#### Assigned task
Beginning with the first line of the entries below, quote each line until you reach and include the line with "-- Here are".

------ Data supplied ------

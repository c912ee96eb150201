-- ===== src/MainHarness/Closed.antt =====
-- The invariant of a run that no replan has touched: a completed task has completed dependencies.
-- Here are its definition and the effect of the steps that `dispatch` and `publish` are made of.
use mm_harness.Prelude.{
  ℕ, String, Bool, true, false, ◌&&◌, List, [], ◌∷◌, all, contains, ◌≡◌, refl, sym, ◌∙◌, ap, arith,
  subst, fun_ext, &&-right, ◌⊎◌, inl, inr, string_eq,
}
use mm_harness.Errors.{ok, Result-cases}
use mm_harness.Dag.{DagTaskNode, ids, subset}
use mm_harness.Dag.Counting.{deps_of}
use mm_harness.MainHarness.{
  MainHarnessTask, MainHarnessState, is_completed, replace_in, replace_task, unlock_all,
  in_dag_order, unlock_dependents,
}
use mm_harness.MainHarness.Statuses.{
  completed_at, completed_at-replace, completed_at-replaced, unlock_all-completed,
  in_dag_order-record,
}

pub record IsClosed (state : MainHarnessState) : Type 0 where
  pub known : (id : String) → subset (deps_of id state.dag.tasks) (ids state.dag.tasks) ≡ true
  pub closed :
      (id : String)
      → completed_at state.tasks id ≡ true
      → all (completed_at state.tasks) (deps_of id state.dag.tasks) ≡ true

all_mono :
    (p q : String → Bool) (ds : List String)
    → ((d : String) → p d ≡ true → q d ≡ true)
    → all p ds ≡ true
    → all q ds ≡ true
all_mono p q [] keep h = refl
all_mono p q (d ∷ ds) keep h = ground (arith, keep d, all_mono p q ds keep)

-- One task is replaced: by a record that is not completed, where it was not; or by a completed one,
-- where its dependencies are completed.
module _ (now : ℕ) (state : MainHarnessState) (task : MainHarnessTask)
    (keep : completed_at state.tasks task.task_id ≡ true → is_completed task.status ≡ true) where
  pub replace_mono :
      (ds : List String)
      → all (completed_at state.tasks) ds ≡ true
      → all (completed_at (replace_task now state task).tasks) ds ≡ true
  unfolding replace_task
  replace_mono ds =
      all_mono (completed_at state.tasks) (completed_at (replace_in task state.tasks)) ds
        (λ d. completed_at-replace d task state.tasks keep)

  pub replace-IsClosed :
      (is_completed task.status ≡ true
        → all (completed_at state.tasks) (deps_of task.task_id state.dag.tasks) ≡ true)
      → IsClosed state
      → IsClosed (replace_task now state task)
  unfolding replace_task
  replace-IsClosed done inv = record {
    known = inv.known;
    closed = λ id h.
        replace_mono (deps_of id state.dag.tasks)
          (elim (completed_at-replaced id task state.tasks h) [
            | inl before ↦ inv.closed id before
            | inr (same, now_done) ↦
                subst (λ j. all (completed_at state.tasks) (deps_of j state.dag.tasks) ≡ true) same
                  (done now_done)
          ]);
  }

ordered_completed :
    (id : String) (tasks : List MainHarnessTask) (nodes : List DagTaskNode)
    (l : List MainHarnessTask)
    → in_dag_order tasks nodes ≡ ok l
    → completed_at l id ≡ (contains id (ids nodes) && completed_at tasks id)
ordered_completed id tasks nodes l h = ground (arith, in_dag_order-record id tasks nodes l h)

all-within :
    (p : String → Bool) (known ds : List String)
    → subset ds known ≡ true
    → all p ds ≡ true
    → all (λ d. contains d known && p d) ds ≡ true
all-within p known [] s h = refl
all-within p known (d ∷ ds) s h = ground (arith, all-within p known ds)

-- What `_unlock_dependents` returns: the state itself, or its tasks unlocked and in the graph's order.
unlock_cases :
    (now : ℕ) (state after : MainHarnessState)
    → unlock_dependents now state ≡ ok after
    → (after ≡ state)
      ⊎ ((mid ordered : List MainHarnessTask) × (unlock_all state.dag.tasks (state.tasks, false)
            ≡ ok (mid, true))
          × (in_dag_order mid state.dag.tasks ≡ ok ordered)
          × (after ≡ record state { tasks = ordered; updated_at = now }))
unfolding unlock_dependents
unlock_cases now state after h =
    elim (Result-cases (unlock_all state.dag.tasks (state.tasks, false))) [
      | inl (e, f) ↦ absurd (ground (arith, f, h))
      | inr ((mid, false), f) ↦ inl (ground (arith, f, h))
      | inr ((mid, true), f) ↦ elim (Result-cases (in_dag_order mid state.dag.tasks)) [
        | inl (e, g) ↦ absurd (ground (arith, f, g, h))
        | inr (ordered, g) ↦ inr (mid, ordered, f, g, ground (arith, f, g, h))
      ]
    ]

closed_within :
    (state : MainHarnessState) (tasks : List MainHarnessTask)
    → IsClosed state
    → ((id : String)
        → completed_at tasks id
          ≡ (contains id (ids state.dag.tasks) && completed_at state.tasks id))
    → (id : String) → completed_at tasks id ≡ true
    → all (completed_at tasks) (deps_of id state.dag.tasks) ≡ true
closed_within state tasks inv same id h =
    let known = ids state.dag.tasks in
    rw (fun_ext same) (
      all-within (completed_at state.tasks) known (deps_of id state.dag.tasks) (inv.known id) (
        inv.closed id
          (&&-right (contains id known) (completed_at state.tasks id) (sym (same id) ∙ h))))

-- unlocking keeps the invariant
pub unlock-IsClosed :
    (now : ℕ) (state after : MainHarnessState)
    → IsClosed state
    → unlock_dependents now state ≡ ok after
    → IsClosed after
unlock-IsClosed now state after inv h = elim (unlock_cases now state after h) [
  | inl same ↦ subst IsClosed (sym same) inv
  | inr (mid, ordered, unlocked, listed, same) ↦ subst IsClosed (sym same) (record {
    known = inv.known;
    closed = closed_within state ordered inv (λ id.
        ordered_completed id mid state.dag.tasks ordered listed
        ∙ ap (λ b. contains id (ids state.dag.tasks) && b)
            (unlock_all-completed id state.dag.tasks (state.tasks, false) (mid, true) unlocked));
  })
]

------

#### Problem solution
repository c912ee96eb150201
-- ===== src/MainHarness/Closed.antt =====
-- The invariant of a run that no replan has touched: a completed task has completed dependencies.
-- Here are its definition and the effect of the steps that `dispatch` and `publish` are made of.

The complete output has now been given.